Step 1: Input all the road binary image layers $B_k(k=1,2,\dots ,K)$. Step 2: For $k=1,2,\dots ,K$: a) Apply the method of connected-component (CC) labeling on $B_k$; b) Compute the pixel area of each CC and remove CCs in which pixel area is smaller than $T_{area}$; c) Create coordinate system, for each CC:   1) Extract all pixel coordinates in the CC as the discrete data points;   2) Apply the polynomial curves fitting on data points;   3) Record the curve equation, two endpoints, and corresponding tangential direction vectors;   4) Generate the line segment as the thinned curve of CC using the curve equation. Step 3: Combine all the line segments to form the thinning road map.

The example of extracting the fitted curves and endpoints is illustrated in Figure 3a. Supposing that $Q=\{(x_n,y_n)|x_n,y_n\in {\mathrm{N}}^{+},n=1,2,\dots ,N\}$ represents a set of pixel coordinates in a CC where $N$ denotes the total number of pixels, the polynomial curves fitting is applied on $Q$ to derive curve equation $f(x)=c_0+c_{1}x+\dots +c_p{x}^p$ where $p$ is the equation order and $c_0,c_1,\dots ,c_p$ are parameters determined by the least square method. Furthermore, two endpoints can be obtained by coordinates $(x_{\min },f(x_{\min }))$ and $(x_{\max },f(x_{\max }))$ where $x_{\min }$ and $x_{\max }$ are the minimum and maximum of $x_n$ in $Q$. The corresponding angles of the tangent lines at two endpoints are expressed as ${\theta }_1=\pi +\arctan f^{\prime }(x_{\min }),{\theta }_2=\arctan f^{\prime }(x_{\max })$ and then tangential direction vectors are $s_1=(\cos {\theta }_1,\sin {\theta }_1)$ and $s_2=(\cos {\theta }_2,\sin {\theta }_2)$. The endpoints and tangential direction vectors are both recorded here for the following road network optimization. It is worth mention that the definition of x-axis and y-axis of coordinate system should be exchanged for the case of binary images $B_k$ with a vertical direction feature. As shown in Figure 3b, there is an example of thinned road map where the different line segments are presented in different colors.

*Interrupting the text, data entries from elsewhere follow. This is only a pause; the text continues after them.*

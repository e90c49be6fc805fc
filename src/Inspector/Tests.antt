-- ===== src/Inspector/Tests.antt =====
-- A witness for the queries: a frozen SQLite workspace is read.
use dbwarden_harness.Base.{String, true, List, [], ◌∷◌, string_eq, nat_eq, option_eq, ◌≡◌, refl}
use dbwarden_harness.Base.Result.{Result, ok}
use dbwarden_harness.Workspace.{freeze}
use dbwarden_harness.Samples.{workspace}
use dbwarden_harness.Inspector.{Parsed, other, read_dialect, query_track_a}
use dbwarden_harness.Inspector.Reads.{ReadOnly, IsOneRead, frozen_query}

-- A parser that finds one query.
abbrev parse : String → String → Result (List Parsed)
parse dialect sql = ok (record { is_query = true; nodes = other ∷ [] } ∷ [])

frozen_query_example :
    (first : String) × (("PRAGMA query_only = ON" ∷ "SELECT 1" ∷ []) ≡ first ∷ "SELECT 1" ∷ [])
    × ReadOnly "sqlite" first
    × (ps : List Parsed) × (parse (read_dialect "sqlite") "SELECT 1" ≡ ok ps)
    × IsOneRead ps
unfolding query_track_a dbwarden_harness.Inspector.read_guard dbwarden_harness.Inspector.is_one_read
    dbwarden_harness.Inspector.is_unsafe freeze string_eq
frozen_query_example =
    frozen_query parse (freeze workspace) "SELECT 1" true
      ("PRAGMA query_only = ON" ∷ "SELECT 1" ∷ []) refl refl
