-- ===== src/MigrationPlayer/Convergence.antt =====
-- What the assertions of a player demand, and its reading of a diff.
use Prim.Native.Char.{code}
use dbwarden_harness.Base.{
  String, true, Option, List, [], ◌∷◌, ◌==◌, string_eq, nat_eq, is_empty, ◌≡◌, ◌↔◌, refl, arith,
  Bool-cases, Option-cases, inl, inr,
}
use dbwarden_harness.Base.Json.{Json}
use dbwarden_harness.Base.Result.{ok}
use dbwarden_harness.Disk.{Disk, Programs}
use dbwarden_harness.Cli.{run, run_command, output, is_blank, require_clean, require_success}
use dbwarden_harness.CaseRunner.{payload, parse_diff}
use dbwarden_harness.MigrationPlayer.{parse_diff_output, command, operations, assert_converged}

-- The parsers of a diff in the migration player and in the case runner read the same from every
-- output.
pub parse_diff_output_eq :
    (loads : String → Option Json) (output : String)
    → parse_diff_output loads output ≡ parse_diff loads output
unfolding parse_diff_output parse_diff
parse_diff_output_eq loads String.[] = refl
parse_diff_output_eq loads (String.◌∷◌ c s) = elim (Bool-cases (code c == 91)) [
  | inr n ↦ ground (arith, n, parse_diff_output_eq loads s)
  | inl y ↦ elim (Option-cases (payload (loads (String.◌∷◌ c s)))) [
    | inl e ↦ ground (arith, y, e, parse_diff_output_eq loads s)
    | inr (fs, e) ↦ ground (arith, y, e)
  ]
]

nil_of_is_empty : {A : Type 0} (xs : List A) → is_empty xs ≡ true → xs ≡ []
nil_of_is_empty [] h = refl
nil_of_is_empty (x ∷ xs) h = ground (arith, h)

empty_of_nil : {A : Type 0} (xs : List A) → xs ≡ [] → is_empty xs ≡ true
empty_of_nil [] h = refl
empty_of_nil (x ∷ xs) h = cc

module _ (programs : Programs) (loads : String → Option Json) (repr : String → String)
    (repr_list : List String → String) (versions : String → List String) where
  -- `assert_converged` passes exactly when the diff command exits with 0, leaves stderr blank and
  -- no operation is read from its output.
  pub assert_converged_iff :
      (flags : List String) (d : Disk)
      → (assert_converged programs loads repr repr_list versions flags d ≡ ok tt) ↔ (
          ((run_command programs "dbwarden" ("diff" ∷ flags) d).0.returncode ≡ 0)
          × (is_blank (run_command programs "dbwarden" ("diff" ∷ flags) d).0.stderr ≡ true)
          × (parse_diff_output loads (output (run_command programs "dbwarden" ("diff" ∷ flags) d).0)
              ≡ []))
  unfolding assert_converged operations command run require_clean require_success
  assert_converged_iff flags d =
      let r = (run_command programs "dbwarden" ("diff" ∷ flags) d).0 in
      let found = parse_diff_output loads (output r) in
      elim (Bool-cases (r.returncode == 0)) [
        | inr c ↦ (λ h. ground (arith, h, c), λ h. ground (arith, h.0, c))
        | inl c ↦ elim (Bool-cases (is_blank r.stderr)) [
          | inr b ↦ (λ h. ground (arith, h, c, b), λ h. ground (arith, h.1, b))
          | inl b ↦ elim (Bool-cases (is_empty found)) [
            | inr n ↦
                (λ h. ground (arith, h, c, b, n), λ h. ground (arith, n, empty_of_nil found h.2))
            | inl e ↦
                (λ h. (ground (arith, c), b, nil_of_is_empty found e), λ h. ground (arith, c, b, e))
          ]
        ]
      ]
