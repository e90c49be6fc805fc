-- ===== src/MigrationPlayer/Tests.antt =====
-- Witnesses for the player: a project whose diff is empty.
use dbwarden_harness.Base.{String, Bool, true, false, Option, none, some, List, [], ◌∷◌, ◌≡◌, ◌↔◌}
use dbwarden_harness.Base.Json.{Json, array, nil}
use dbwarden_harness.Disk.{CommandResult, Disk, Programs}
use dbwarden_harness.Cli.{run_command, output, is_blank}
use dbwarden_harness.Base.Result.{ok}
use dbwarden_harness.Samples.{disk}
use dbwarden_harness.MigrationPlayer.{parse_diff_output, assert_converged}
use dbwarden_harness.MigrationPlayer.Convergence.{assert_converged_iff}

-- A parser that knows the empty list only.
abbrev loads : String → Option Json
loads text = some (array nil)

abbrev programs : Programs
programs = record {
  execute = λ log args. record { args = args; returncode = 0; stdout = "[]"; stderr = "" };
  change = λ log args files. files;
  dump = λ log url backend. none;
}

assert_converged_iff_example :
    (assert_converged programs loads (λ s. s) (λ ss. "[]") (λ s. []) [] disk ≡ ok tt) ↔ (
      ((run_command programs "dbwarden" ("diff" ∷ []) disk).0.returncode ≡ 0)
      × (is_blank (run_command programs "dbwarden" ("diff" ∷ []) disk).0.stderr ≡ true)
      × (parse_diff_output loads (output (run_command programs "dbwarden" ("diff" ∷ []) disk).0)
          ≡ []))
assert_converged_iff_example =
    assert_converged_iff programs loads (λ s. s) (λ ss. "[]") (λ s. []) [] disk
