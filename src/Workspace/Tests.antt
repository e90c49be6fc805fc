-- ===== src/Workspace/Tests.antt =====
-- Witnesses for the workspaces: two SQLite workspaces, and paths inside one.
use dbwarden_harness.Base.{
  ℕ, ◌<◌, String, true, false, none, List, [], ◌∷◌, ◌++◌, string_eq, nat_eq, option_eq, contains,
  ◌≡◌, refl,
}
use dbwarden_harness.Base.Dict
use dbwarden_harness.Base.Result.{is_ok}
use dbwarden_harness.World.{Environment}
use dbwarden_harness.Config.{HarnessMcpConfig}
use dbwarden_harness.Samples.{workspace, paths}
use dbwarden_harness.Workspace.{Manager, resolve_path, canonical, initialize}
use dbwarden_harness.Workspace.Containment.{resolve_path-inside}
use dbwarden_harness.Workspace.Registry.{Registers, initialize_lem}

abbrev env : Environment
env = record { answer = λ n. true; elapsed = λ n. 1000; temp_dir = λ n. "/tmp/harness" }

abbrev address : ℕ → String
address c = "localhost:5432"

abbrev config : HarnessMcpConfig
config = record {
  max_workspaces = 2;
  bug_reports_dir = "/reports";
  workspace_root = "/tmp";
  warm_pool_enabled = true;
  warm_pool_count = ("postgresql", 2) ∷ ("sqlite", 0) ∷ [];
  db_versions = ("postgresql", "16") ∷ ("sqlite", "local") ∷ [];
}

abbrev manager : Manager
manager = record {
  workspaces = ("ws-1", workspace) ∷ [];
  pool = record {
    queues = [];
    stopped = false;
    world = record {
      calls = 0;
      now = 0;
      next_container = 0;
      running = [];
      objects = λ c. [];
      unlisted = λ c. [];
      file_objects = λ path. [];
      links = [];
    };
  };
}

-- The path of the models.
abbrev models : List String
models = "/w" ∷ "app/models.py" ∷ []

resolve_path-inside_example :
    (models ≡ models)
    × ((rest : List String) × (models ≡ ("/w" ∷ []) ++ rest))
    × (paths.is_absolute "app/models.py" ≡ false)
    × (paths.has_drive "app/models.py" ≡ false)
unfolding resolve_path string_eq
resolve_path-inside_example = resolve_path-inside paths workspace "app/models.py" models refl

initialize_lem_example :
    let r = initialize env "3.45" address config "SQLite" none none "2" 9 manager in
    Registers env "3.45" address config (canonical "SQLite") manager r
    × (is_ok r.0 ≡ true
        → (1 < 2) × (contains (Dict.keys config.db_versions) (canonical "SQLite") ≡ true))
initialize_lem_example = initialize_lem env "3.45" address config "SQLite" none none "2" 9 manager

4.3. Road Network Generation and Optimization

Although the thinned road map obtained in the previous section has initiated formation of a road network, it is coarse and need to be optimized further. On one hand, due to the fact that road regions are decomposed according to the direction feature grouping, multiple extractions for the same road may occur when extracting the line segments from the image layers. This particular case is manifested as the overlap of line segments (see Figure 3b). On the other hand, as presented in Figure 3b, undesired gaps may also occur in the thinning results. There are two main factors that may contribute to gaps. One is the SAR imaging principles which cause roads approximately in the azimuth direction to be easily affected by the layovers and shadows of tall buildings or vegetation, especially in the high-resolution SAR images [27]. The other factor is the extraction approaches, e.g., image filtering and segmentation, which may remove some true road components.

In order to resolve these problems, the optimization of overlap, continuity, and junction are proposed successively. These proposed approaches of road network optimization are based on perceptual grouping principles which include proximity, parallelism, colinearity, continuity, and so on [28]. In terms of the network generalization, the perceptual grouping concepts have been widely used in image interpretation such as for road extraction [29] and river network generation [28]. In this article, the line segments will be perceived as elements and grouped for the optimization processes.

4.3.1. Overlap Optimization

As shown in Figure 4, the proposed overlap optimization is motivated by the matching principle presented by Wiedemann [30]. Let $L_m$ and $L_n$ denote two different line segments. A buffer with constant width is then constructed around $L_m$. The parts of $L_n$ located in the buffer are considered as the overlapping parts. The overlapping ratio can be computed by $r_o=l_{n1}/(l_{n1}+l_{n2})$ where $l_{n1},l_{n2}$ are the lengths of $L_n$ within and without the buffer respectively. If the overlapping ratio is large than the given threshold $T_o$, $L_m$ and $L_n$ will be merged into one line segments $L_o$ by polynomial curve fitting using the data points on the line segments $L_m$ and $L_n$. The overlap optimization is finally implemented by repeating the above steps and constantly updating the line segments until there are no two line segments that satisfy the condition $r_o>T_o$ where $T_o$ is 0.5 in this article. In practice, the buffer width can be set according to the linear width feature map $W$ estmiated from

$$W=\{w_i|w_i=\underset{w}{\arg \max }\{f(i|V(\theta ,w,l))\}\}$$

(8)

where $f(i|V(\theta ,w,l))$ is the response of multiplicative Duda operation with the window $V(\theta ,w,l)$ at site $i$.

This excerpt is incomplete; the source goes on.